• What is expected: Every entry needs to be written out again exactly.

• Input material:
-- ===== src/Session/Turns.antt =====
-- internal/session/session.go: a call of `Submit` from its admission to its answer.
pub mod Failure
use mathlib.Core.List.{append_assoc}
use mathlib.Core.Path.{subst, subst₂}
use tatara_claude_code_wrapp.Common.{
  ℕ, ◌+◌, ◌≡◌, ◌≢◌, ◌⊎◌, ◌++◌, ◌∙◌, ap, sym, refl, Bool, true, false, List, [], ◌∷◌, Option, none,
  some, String, Time, arith, is_empty, if◌then◌else◌, str_eq, eq_iff, eq_refl, Bool-cases,
  Option-cases, inl, inr, ◌+++◌, lookup, lookup-insert,
}
use tatara_claude_code_wrapp.Session.State.{
  Manager, State, booting, ready, busy, dead, Error, write_paste, write_submit, nil_writer, Timer,
}
use tatara_claude_code_wrapp.Session.Submit.{
  admit, refuse, reserve, install_timer, ensure_tailer_following, SubmitInput, submit, submit_slot,
  submit_writes, after_admit,
}
use tatara_claude_code_wrapp.Session.Slot.{write, fail_submit_write}
use tatara_claude_code_wrapp.Session.Upkeep.{IsKept, has_writer}
use tatara_claude_code_wrapp.Turn.Records.{running, failed}
use tatara_claude_code_wrapp.Turn.Store
use tatara_claude_code_wrapp.Turn.Store.{fresh}
use tatara_claude_code_wrapp.Turn.Laws.{status, status-create, status-fail}
use tatara_claude_code_wrapp.Turn.Frame.{error-fail}

-- All of a manager that a submission starts from, but the handoff flag.
pub record SameBut (m n : Manager) : Type 0 where
  pub cfg : n.cfg ≡ m.cfg
  pub store : n.store ≡ m.store
  pub w : n.w ≡ m.w
  pub wire : n.wire ≡ m.wire
  pub state : n.state ≡ m.state
  pub current : n.current ≡ m.current

pub admit-SameBut : (handoff : Bool) (now : Time) (m : Manager) → SameBut m (admit handoff now m).0
unfolding admit
admit-SameBut handoff now m = ground arith

pub refuse-SameBut : {m n : Manager} → SameBut m n → refuse m ≡ none → refuse n ≡ none
unfolding refuse
refuse-SameBut s e = ground arith

slot_panic_free :
    (text callback_url : String) (x : SubmitInput) (m : Manager)
    → IsKept m
    → (submit_slot text callback_url x m).1 ≢ some nil_writer
unfolding submit_slot refuse submit_writes
slot_panic_free text u x m k = ground arith

after_admit_panic_free :
    (text callback_url : String) (x : SubmitInput) (a : Manager × Option Error)
    → IsKept a.0
    → a.1 ≢ some nil_writer
    → (after_admit text callback_url x a).1 ≢ some nil_writer
unfolding after_admit
after_admit_panic_free text u x (m, some e) k h = h
after_admit_panic_free text u x (m, none) k h = slot_panic_free text u x m k

admit-IsKept :
    (handoff : Bool) (now : Time) (m : Manager) → IsKept m → IsKept (admit handoff now m).0
unfolding admit
admit-IsKept handoff now m k = ground arith

admit_panic_free :
    (handoff : Bool) (now : Time) (m : Manager) → (admit handoff now m).1 ≢ some nil_writer
unfolding admit
admit_panic_free handoff now m = ground arith

-- A submission to a session that is kept never writes through a nil writer.
pub submit_panic_free :
    (text callback_url : String) (handoff : Bool) (x : SubmitInput) (m : Manager)
    → IsKept m
    → (submit text callback_url handoff x m).1 ≢ some nil_writer
unfolding submit
submit_panic_free text u handoff x m k =
    after_admit_panic_free text u x (admit handoff x.admit_now m)
      (admit-IsKept handoff x.admit_now m k) (admit_panic_free handoff x.admit_now m)

pub submit-admitted :
    (text callback_url : String) (handoff : Bool) (x : SubmitInput) (m : Manager)
    → (admit handoff x.admit_now m).1 ≡ none
    → submit text callback_url handoff x m
      ≡ submit_slot text callback_url x (admit handoff x.admit_now m).0
unfolding submit
submit-admitted text u handoff x m e = step (admit handoff x.admit_now m) e
  where
    step :
        (a : Manager × Option Error)
        → a.1 ≡ none
        → after_admit text u x a ≡ submit_slot text u x a.0
    step (n, none) h = unfold after_admit in refl
    step (n, some y) h = cc

-- The paste, as it goes over the wire.
abbrev pub framed : Manager → String → String
framed m text = m.cfg.submit_seq.paste_start +++ text +++ m.cfg.submit_seq.paste_end

-- What a submission that was accepted leaves behind.
pub record Accepted (text callback_url : String) (x : SubmitInput) (p : ℕ) (m : Manager)
    (r : Manager × Option Error) : Type 0 where
  pub answered : r.1 ≡ none
  pub slot : r.0.current ≡ x.id
  pub is_busy : r.0.state ≡ busy
  pub recorded : Store.get x.id r.0.store ≡ some (fresh x.id text callback_url x.now)
  pub sent : r.0.wire ≡ m.wire ++ (p, framed m text) ∷ (p, m.cfg.submit_seq.submit) ∷ []
  pub timed :
      r.0.timer ≡ some (record { turn = x.id; due = some (x.timer_now + m.cfg.turn_timeout) })

module _ (text callback_url : String) (x : SubmitInput) (p : ℕ) (m : Manager) where
  get-reserve :
      Store.get x.id (reserve x.id text callback_url x.now m).store
      ≡ some (fresh x.id text callback_url x.now)
  unfolding reserve Store.get Store.create
  get-reserve = ground (
    arith,
    eq_refl x.id,
    lookup-insert x.id x.id (fresh x.id text callback_url x.now) m.store.by_id,
  )

  slot-Accepted :
      refuse m ≡ none
      → m.w ≡ some p
      → x.paste_error ≡ none
      → x.submit_error ≡ none
      → Accepted text callback_url x p m (submit_slot text callback_url x m)
  unfolding submit_slot reserve submit_writes install_timer ensure_tailer_following
  slot-Accepted free has pasted sent = ground (
    arith,
    free,
    has,
    get-reserve,
    append_assoc m.wire ((p, framed m text) ∷ []) ((p, m.cfg.submit_seq.submit) ∷ []),
  )

-- A submission that is admitted to a free session, and whose two writes succeed, returns no error:
-- its turn holds the slot of a busy session, is recorded as running with its text and callback, the
-- paste and the submit keystroke were sent to the process and nothing else, and its inactivity timer
-- is armed.
pub submit-Accepted :
    (text callback_url : String) (handoff : Bool) (x : SubmitInput) (p : ℕ) (m : Manager)
    → (admit handoff x.admit_now m).1 ≡ none
    → refuse m ≡ none
    → m.w ≡ some p
    → x.paste_error ≡ none
    → x.submit_error ≡ none
    → Accepted text callback_url x p m (submit text callback_url handoff x m)
submit-Accepted text u handoff x p m admitted free has pasted sent =
    let k = (admit handoff x.admit_now m).0 in
    let s = admit-SameBut handoff x.admit_now m in
    rw (submit-admitted text u handoff x m admitted)
      (Accepted_from s (slot-Accepted text u x p k (refuse-SameBut s free) (s.w ∙ has) pasted sent))
  where
    Accepted_from :
        {k : Manager} {r : Manager × Option Error}
        → SameBut m k
        → Accepted text u x p k r
        → Accepted text u x p m r
    Accepted_from s a = ground (arith, a.sent, a.timed, s.cfg, s.wire)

• Answer space:
-- ===== src/Session/Turns.antt =====
-- internal/session/session.go: a call of `Submit` from its admission to its answer.
pub mod Failure
use mathlib.Core.List.{append_assoc}
use mathlib.Core.Path.{subst, subst₂}
use tatara_claude_code_wrapp.Common.{
  ℕ, ◌+◌, ◌≡◌, ◌≢◌, ◌⊎◌, ◌++◌, ◌∙◌, ap, sym, refl, Bool, true, false, List, [], ◌∷◌, Option, none,
  some, String, Time, arith, is_empty, if◌then◌else◌, str_eq, eq_iff, eq_refl, Bool-cases,
  Option-cases, inl, inr, ◌+++◌, lookup, lookup-insert,
}
use tatara_claude_code_wrapp.Session.State.{
  Manager, State, booting, ready, busy, dead, Error, write_paste, write_submit, nil_writer, Timer,
}
use tatara_claude_code_wrapp.Session.Submit.{
  admit, refuse, reserve, install_timer, ensure_tailer_following, SubmitInput, submit, submit_slot,
  submit_writes, after_admit,
}
use tatara_claude_code_wrapp.Session.Slot.{write, fail_submit_write}
use tatara_claude_code_wrapp.Session.Upkeep.{IsKept, has_writer}
use tatara_claude_code_wrapp.Turn.Records.{running, failed}
use tatara_claude_code_wrapp.Turn.Store
use tatara_claude_code_wrapp.Turn.Store.{fresh}
use tatara_claude_code_wrapp.Turn.Laws.{status, status-create, status-fail}
use tatara_claude_code_wrapp.Turn.Frame.{error-fail}

-- All of a manager that a submission starts from, but the handoff flag.
pub record SameBut (m n : Manager) : Type 0 where
  pub cfg : n.cfg ≡ m.cfg
  pub store : n.store ≡ m.store
  pub w : n.w ≡ m.w
  pub wire : n.wire ≡ m.wire
  pub state : n.state ≡ m.state
  pub current : n.current ≡ m.current

pub admit-SameBut : (handoff : Bool) (now : Time) (m : Manager) → SameBut m (admit handoff now m).0
unfolding admit
admit-SameBut handoff now m = ground arith

pub refuse-SameBut : {m n : Manager} → SameBut m n → refuse m ≡ none → refuse n ≡ none
unfolding refuse
refuse-SameBut s e = ground arith

slot_panic_free :
    (text callback_url : String) (x : SubmitInput) (m : Manager)
    → IsKept m
    → (submit_slot text callback_url x m).1 ≢ some nil_writer
unfolding submit_slot refuse submit_writes
slot_panic_free text u x m k = ground arith

after_admit_panic_free :
    (text callback_url : String) (x : SubmitInput) (a : Manager × Option Error)
    → IsKept a.0
    → a.1 ≢ some nil_writer
    → (after_admit text callback_url x a).1 ≢ some nil_writer
unfolding after_admit
after_admit_panic_free text u x (m, some e) k h = h
after_admit_panic_free text u x (m, none) k h = slot_panic_free text u x m k

admit-IsKept :
    (handoff : Bool) (now : Time) (m : Manager) → IsKept m → IsKept (admit handoff now m).0
unfolding admit
admit-IsKept handoff now m k = ground arith

admit_panic_free :
    (handoff : Bool) (now : Time) (m : Manager) → (admit handoff now m).1 ≢ some nil_writer
unfolding admit
admit_panic_free handoff now m = ground arith

-- A submission to a session that is kept never writes through a nil writer.
pub submit_panic_free :
    (text callback_url : String) (handoff : Bool) (x : SubmitInput) (m : Manager)
    → IsKept m
    → (submit text callback_url handoff x m).1 ≢ some nil_writer
unfolding submit
submit_panic_free text u handoff x m k =
    after_admit_panic_free text u x (admit handoff x.admit_now m)
      (admit-IsKept handoff x.admit_now m k) (admit_panic_free handoff x.admit_now m)

pub submit-admitted :
    (text callback_url : String) (handoff : Bool) (x : SubmitInput) (m : Manager)
    → (admit handoff x.admit_now m).1 ≡ none
    → submit text callback_url handoff x m
      ≡ submit_slot text callback_url x (admit handoff x.admit_now m).0
unfolding submit
submit-admitted text u handoff x m e = step (admit handoff x.admit_now m) e
  where
    step :
        (a : Manager × Option Error)
        → a.1 ≡ none
        → after_admit text u x a ≡ submit_slot text u x a.0
    step (n, none) h = unfold after_admit in refl
    step (n, some y) h = cc

-- The paste, as it goes over the wire.
abbrev pub framed : Manager → String → String
framed m text = m.cfg.submit_seq.paste_start +++ text +++ m.cfg.submit_seq.paste_end

-- What a submission that was accepted leaves behind.
pub record Accepted (text callback_url : String) (x : SubmitInput) (p : ℕ) (m : Manager)
    (r : Manager × Option Error) : Type 0 where
  pub answered : r.1 ≡ none
  pub slot : r.0.current ≡ x.id
  pub is_busy : r.0.state ≡ busy
  pub recorded : Store.get x.id r.0.store ≡ some (fresh x.id text callback_url x.now)
  pub sent : r.0.wire ≡ m.wire ++ (p, framed m text) ∷ (p, m.cfg.submit_seq.submit) ∷ []
  pub timed :
      r.0.timer ≡ some (record { turn = x.id; due = some (x.timer_now + m.cfg.turn_timeout) })

module _ (text callback_url : String) (x : SubmitInput) (p : ℕ) (m : Manager) where
  get-reserve :
      Store.get x.id (reserve x.id text callback_url x.now m).store
      ≡ some (fresh x.id text callback_url x.now)
  unfolding reserve Store.get Store.create
  get-reserve = ground (
    arith,
    eq_refl x.id,
    lookup-insert x.id x.id (fresh x.id text callback_url x.now) m.store.by_id,
  )

  slot-Accepted :
      refuse m ≡ none
      → m.w ≡ some p
      → x.paste_error ≡ none
      → x.submit_error ≡ none
      → Accepted text callback_url x p m (submit_slot text callback_url x m)
  unfolding submit_slot reserve submit_writes install_timer ensure_tailer_following
  slot-Accepted free has pasted sent = ground (
    arith,
    free,
    has,
    get-reserve,
    append_assoc m.wire ((p, framed m text) ∷ []) ((p, m.cfg.submit_seq.submit) ∷ []),
  )

-- A submission that is admitted to a free session, and whose two writes succeed, returns no error:
-- its turn holds the slot of a busy session, is recorded as running with its text and callback, the
-- paste and the submit keystroke were sent to the process and nothing else, and its inactivity timer
-- is armed.
pub submit-Accepted :
    (text callback_url : String) (handoff : Bool) (x : SubmitInput) (p : ℕ) (m : Manager)
    → (admit handoff x.admit_now m).1 ≡ none
    → refuse m ≡ none
    → m.w ≡ some p
    → x.paste_error ≡ none
    → x.submit_error ≡ none
    → Accepted text callback_url x p m (submit text callback_url handoff x m)
submit-Accepted text u handoff x p m admitted free has pasted sent =
    let k = (admit handoff x.admit_now m).0 in
    let s = admit-SameBut handoff x.admit_now m in
    rw (submit-admitted text u handoff x m admitted)
      (Accepted_from s (slot-Accepted text u x p k (refuse-SameBut s free) (s.w ∙ has) pasted sent))
  where
    Accepted_from :
        {k : Manager} {r : Manager × Option Error}
        → SameBut m k
        → Accepted text u x p k r
        → Accepted text u x p m r
    Accepted_from s a = ground (arith, a.sent, a.timed, s.cfg, s.wire)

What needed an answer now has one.